(Dataset extract begins)

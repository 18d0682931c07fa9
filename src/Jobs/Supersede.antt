-- ===== src/Jobs/Supersede.antt =====
-- Replacement of a validated train (src/mergetrain/persistence/jobs.py, supersede_validated_train).
use mergetrain.Prelude.{
  ℕ, Bool, true, false, not, ◌&&◌, ◌||◌, none, some, List, [], ◌∷◌, String, ltb, if◌then◌else◌,
  nonempty, ◌<>◌, is_some, select, first, map, ◌==◌, nat_column, text_column, strip, one_line,
  comma_join, length, elem,
}
use mergetrain.Model.{Job, status_column, validated, canceled}
use mergetrain.Store.{
  Store, Env, M, ◌>>=◌, ◌>>◌, return, reads, require, modify, raise, immediate, queue_error,
  lock_held, duplicate_active_branch, insert_job, update_counted, get_jobs, utc_now, has_status,
  record_run_event,
}
use mergetrain.Leases.{active_runner_lock}
use mergetrain.Jobs.Reads.{active_on}
use mergetrain.Jobs.Enqueue.{fresh_job, set_queue_order}

pub record Replacement : Type 0 where
  pub task : String
  pub branch : String
  pub worktree_path : String
  pub base_sha : String
  pub head_sha : String
  pub note : String

abbrev pub text_elem : String → List String → Bool
text_elem t [] = false
text_elem t (u ∷ us) = u == t || text_elem t us

-- The loop that checks the replacements; a branch listed twice has no job in the way.
pub normalize : List String → List Replacement → M (List Replacement)
normalize seen [] = return []
normalize seen (r ∷ rs) = do
  require (nonempty (one_line r.task)) queue_error
  require (nonempty (strip r.branch)) queue_error
  require (not (text_elem (strip r.branch) seen)) (duplicate_active_branch 0)
  require (nonempty r.base_sha && nonempty r.head_sha) queue_error
  rest ← normalize (strip r.branch ∷ seen) rs
  return (record r { task = one_line r.task; branch = strip r.branch } ∷ rest)

abbrev pub ids : List Job → List ℕ
ids = map (λ j. j.id)

abbrev pub in_train : String → Job → Bool
in_train train_id j = j.train_id == train_id

-- An active job on the branch, outside the train
abbrev pub blocks : List ℕ → String → Job → Bool
blocks old_ids branch j = active_on branch j && not (elem j.id old_ids)

pub refuse_blocked : List ℕ → List Replacement → M (Unit {0})
refuse_blocked old_ids [] = return tt
refuse_blocked old_ids (r ∷ rs) = do
  other ← reads (λ s. first (blocks old_ids r.branch) s.jobs)
  elim other [ none ↦ return tt | some j ↦ raise (duplicate_active_branch j.id) ]
  refuse_blocked old_ids rs

abbrev pub replacement_job : Env → String → Replacement → ℕ → Job
replacement_job env train_id r k = record (fresh_job env k) {
  task = r.task;
  branch = r.branch;
  worktree_path = r.worktree_path;
  base_sha = r.base_sha;
  head_sha = r.head_sha;
  note = r.note;
  supersession_id = env.uuid;
  supersedes_train_id = train_id;
}

pub insert_replacements : Env → String → List Replacement → M (List ℕ)
insert_replacements env train_id [] = return []
insert_replacements env train_id (r ∷ rs) = do
  k ← insert_job (replacement_job env train_id r)
  set_queue_order k k
  ks ← insert_replacements env train_id rs
  return (k ∷ ks)

abbrev pub superseded : Env → String → Job → Job
superseded env audit j = record j {
  status = canceled;
  finished_at = utc_now env;
  note = if nonempty j.note then j.note <> "\n" <> audit else audit;
  supersession_id = env.uuid;
}

pub record_each : Env → String → String → List ℕ → Store → Store
record_each env state detail [] s = s
record_each env state detail (k ∷ ks) s =
    record_each env state detail ks (record_run_event env (some k) "superseding" state "" detail s)

all_validated : List Job → Bool
all_validated [] = true
all_validated (j ∷ js) = has_status validated j && all_validated js

pub supersede_in_transaction : Env → String → List Replacement → M (List ℕ × List ℕ)
unfolding all_validated
supersede_in_transaction env train_id replacements = do
  lock ← reads (active_runner_lock env)
  require (not (is_some lock)) lock_held
  old_jobs ← reads (λ s. select (in_train train_id) s.jobs)
  require (ltb 0 (length old_jobs)) queue_error
  require (all_validated old_jobs) queue_error
  let old_ids = ids old_jobs
  refuse_blocked old_ids replacements
  new_ids ← insert_replacements env train_id replacements
  let audit = "superseded by job(s) " <> comma_join new_ids <> "; supersession " <> env.uuid
  changed ← update_counted (λ j. elem j.id old_ids && has_status validated j) (superseded env audit)
  require (changed == length old_ids) queue_error
  let detail =
      "supersession_id="
      <> env.uuid
      <> ";superseded_train_id="
      <> train_id
      <> ";replacement_job_ids="
      <> comma_join new_ids
  modify (record_each env "success" detail old_ids)
  modify (record_each env "queued" detail new_ids)
  return (old_ids, new_ids)

pub supersede_validated_train : Env → String → List Replacement → M (List Job × List Job)
supersede_validated_train env train_id replacements = do
  require (nonempty (strip train_id)) queue_error
  require (ltb 0 (length replacements)) queue_error
  normalized ← normalize [] replacements
  (old_ids, new_ids) ← immediate env (supersede_in_transaction env (strip train_id) normalized)
  old_jobs ← get_jobs old_ids
  new_jobs ← get_jobs new_ids
  return (old_jobs, new_jobs)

(Dataset extract ends)

Copy task for the entries above: every line with the string "Bool".

  ℕ, Bool, true, false, not, ◌&&◌, ◌||◌, none, some, List, [], ◌∷◌, String, ltb, if◌then◌else◌,
abbrev pub text_elem : String → List String → Bool
abbrev pub in_train : String → Job → Bool
abbrev pub blocks : List ℕ → String → Job → Bool
all_validated : List Job → Bool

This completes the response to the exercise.